The task >> As the answer, give a copy of each line below that includes the word "abbrev".

Given entries >>
════════

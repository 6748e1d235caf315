-- ===== src/Workspace/Edits.antt =====
-- A patch as a chain of literal edits, each of the one place where its search text stands.
use shirita.Prelude.{
  ℕ, ◌+◌, ◌≤◌, ◌<◌, ◌≡◌, refl, ◌↔◌, ◌≢◌, ◌⊎◌, inl, inr, Option, none, some, List, [], ◌∷◌, ◌++◌,
  arith, length, take, drop,
}
use shirita.Text.{Text, byte_len, match_indices, replace_range}
use shirita.Text.Search.{IsOnly, match_indices-IsOnly, match_indices-single, Stands-split}
use shirita.Tools.{ToolCall, ResponsePatchOperation, ErrorCode, ok}
use shirita.Tools.Builtin.{max_response_workspace_bytes}
use shirita.Workspace.{
  ResponseWorkspace, Patched, refused, patched, patch_at, patch_one, patch_all, apply_patch,
  commit_finish, next_revision,
}

-- `next` is `text` with the one place of `op.search` replaced.
pub record Edit (op : ResponsePatchOperation) (text next : Text) : Type 0 where
  pub at : ℕ
  pub only : IsOnly op.search text at
  pub cut : text ≡ take at text ++ (op.search ++ drop (at + length op.search) text)
  pub joined : next ≡ take at text ++ (op.replace ++ drop (at + length op.search) text)
  pub fits : byte_len next ≤ max_response_workspace_bytes

pub data Edits : List ResponsePatchOperation → Text → Text → Type 0 where
  here : {text last : Text} → text ≡ last → Edits [] text last
  then :
      {op : ResponsePatchOperation} {ops : List ResponsePatchOperation} {text next last : Text}
      → Edit op text next
      → Edits ops next last
      → Edits (op ∷ ops) text last

patch_at-patched :
    (text : Text) (op : ResponsePatchOperation) (next : Text) (l : List ℕ)
    → patch_at text op l ≡ patched next
    → (at : ℕ) × (l ≡ at ∷ [])
      × (next ≡ replace_range at (length op.search) op.replace text)
      × (byte_len next ≤ max_response_workspace_bytes)
patch_at-patched text op next [] h = cc
patch_at-patched text op next (at ∷ []) h = (at, refl, ground arith, ground arith)
patch_at-patched text op next (at ∷ _ ∷ _) h = cc

patch_one-Edit :
    (text : Text) (op : ResponsePatchOperation) (next : Text)
    → 0 < length op.search
    → patch_one text op ≡ patched next
    → Edit op text next
unfolding patch_one
patch_one-Edit text op next ne h =
    let (at, e, j, f) = patch_at-patched text op next (match_indices op.search text) h in
    let o = match_indices-IsOnly op.search text at ne e in
    record {
      at = at;
      only = o;
      cut = Stands-split op.search text at o.first.stands;
      joined = j;
      fits = f;
    }

Edit-patch_one :
    (text : Text) (op : ResponsePatchOperation) (next : Text)
    → 0 < length op.search
    → Edit op text next
    → patch_one text op ≡ patched next
unfolding patch_one
Edit-patch_one text op next ne d =
    rw (match_indices-single op.search text d.at ne d.only) (ground (arith, d.joined, d.fits))

-- No operation of the batch searches for the empty text.
abbrev pub Searches : List ResponsePatchOperation → Type 0
Searches [] = Unit
Searches (op ∷ ops) = (0 < length op.search) × Searches ops

Patched-cases : (r : Patched) → ((e : ErrorCode) × (r ≡ refused e)) ⊎ ((t : Text) × (r ≡ patched t))
Patched-cases (refused e) = inl (e, refl)
Patched-cases (patched t) = inr (t, refl)

patch_all-Edits :
    (text : Text) (ops : List ResponsePatchOperation) (last : Text)
    → Searches ops
    → patch_all text ops ≡ patched last
    → Edits ops text last
unfolding patch_all
patch_all-Edits text [] last ne h = here (ground arith)
patch_all-Edits text (op ∷ ops) last ne h = elim (Patched-cases (patch_one text op)) [
  | inl (e, p) ↦ absurd (ground arith)
  | inr (next, p) ↦
      then (patch_one-Edit text op next ne.0 p) (patch_all-Edits next ops last ne.1 (ground arith))
]

Edits-patch_all :
    (text : Text) (ops : List ResponsePatchOperation) (last : Text)
    → Searches ops
    → Edits ops text last
    → patch_all text ops ≡ patched last
unfolding patch_all
Edits-patch_all text [] last ne (here e) = ground arith
Edits-patch_all text (op ∷ ops) last ne (then {next = next} d ds) =
    ground (arith, Edit-patch_one text op next ne.0 d, Edits-patch_all next ops last ne.1 ds)

module _ (workspace : ResponseWorkspace) (call : ToolCall) (revision : ℕ)
    (ops : List ResponsePatchOperation) (ne : Searches ops) where
  -- If no operation searches for the empty text, which the tool that asks for patches rejects, then a
  -- patch is accepted exactly when its revision is the current one and each of its operations, in
  -- order, finds its search text once (no other place being before it or from its end on) and leaves a
  -- text within the limit; then the workspace holds the text at the end of that chain of edits, and its
  -- revision has moved by one.
  pub apply_patch-accepts :
      (last : Text)
      → ((revision ≡ workspace.revision) × Edits ops workspace.text last) ↔ (
          ((apply_patch workspace call revision ops).1.status ≡ ok)
          × ((apply_patch workspace call revision ops).0
              ≡ record { text = last; revision = next_revision workspace.revision }))
  unfolding apply_patch
  apply_patch-accepts last = (
    λ h. let p = Edits-patch_all workspace.text ops last ne h.1 in (ground arith, ground arith),
    λ h. elim (Patched-cases (patch_all workspace.text ops)) [
      | inl (e, p) ↦ absurd (ground arith)
      | inr (t, p) ↦ (ground arith, patch_all-Edits workspace.text ops last ne (ground arith))
    ],
  )

-- A patch that is not accepted changes neither the text nor the revision.
pub apply_patch-atomic :
    (workspace : ResponseWorkspace) (call : ToolCall) (revision : ℕ)
    (ops : List ResponsePatchOperation)
    → (apply_patch workspace call revision ops).1.status ≢ ok
    → (apply_patch workspace call revision ops).0 ≡ workspace
unfolding apply_patch
apply_patch-atomic workspace call revision ops h = ground arith

-- The limit on the text of a workspace.
abbrev pub Fits : ResponseWorkspace → Type 0
Fits w = byte_len w.text ≤ max_response_workspace_bytes

patch_one-fits :
    (text : Text) (op : ResponsePatchOperation) (next : Text)
    → patch_one text op ≡ patched next
    → byte_len next ≤ max_response_workspace_bytes
unfolding patch_one
patch_one-fits text op next h = (patch_at-patched text op next (match_indices op.search text) h).3

patch_all-fits :
    (text : Text) (ops : List ResponsePatchOperation) (last : Text)
    → byte_len text ≤ max_response_workspace_bytes
    → patch_all text ops ≡ patched last
    → byte_len last ≤ max_response_workspace_bytes
unfolding patch_all
patch_all-fits text [] last f h = ground arith
patch_all-fits text (op ∷ ops) last f h = elim (Patched-cases (patch_one text op)) [
  | inl (e, p) ↦ absurd (ground arith)
  | inr (next, p) ↦ patch_all-fits next ops last (patch_one-fits text op next p) (ground arith)
]

pub apply_patch-Fits :
    (workspace : ResponseWorkspace) (call : ToolCall) (revision : ℕ)
    (ops : List ResponsePatchOperation)
    → Fits workspace
    → Fits (apply_patch workspace call revision ops).0
unfolding apply_patch
apply_patch-Fits workspace call revision ops f =
    elim (Patched-cases (patch_all workspace.text ops)) [
      | inl (e, p) ↦ ground arith
      | inr (t, p) ↦ let g = patch_all-fits workspace.text ops t f p in ground arith
    ]

pub commit_finish-Fits :
    (workspace : ResponseWorkspace) (response : Option Text)
    → Fits workspace
    → Fits (commit_finish workspace response).0
unfolding commit_finish
commit_finish-Fits workspace none f = ground arith
commit_finish-Fits workspace (some text) f = ground arith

════════

Problem solution >>
abbrev pub Searches : List ResponsePatchOperation → Type 0
abbrev pub Fits : ResponseWorkspace → Type 0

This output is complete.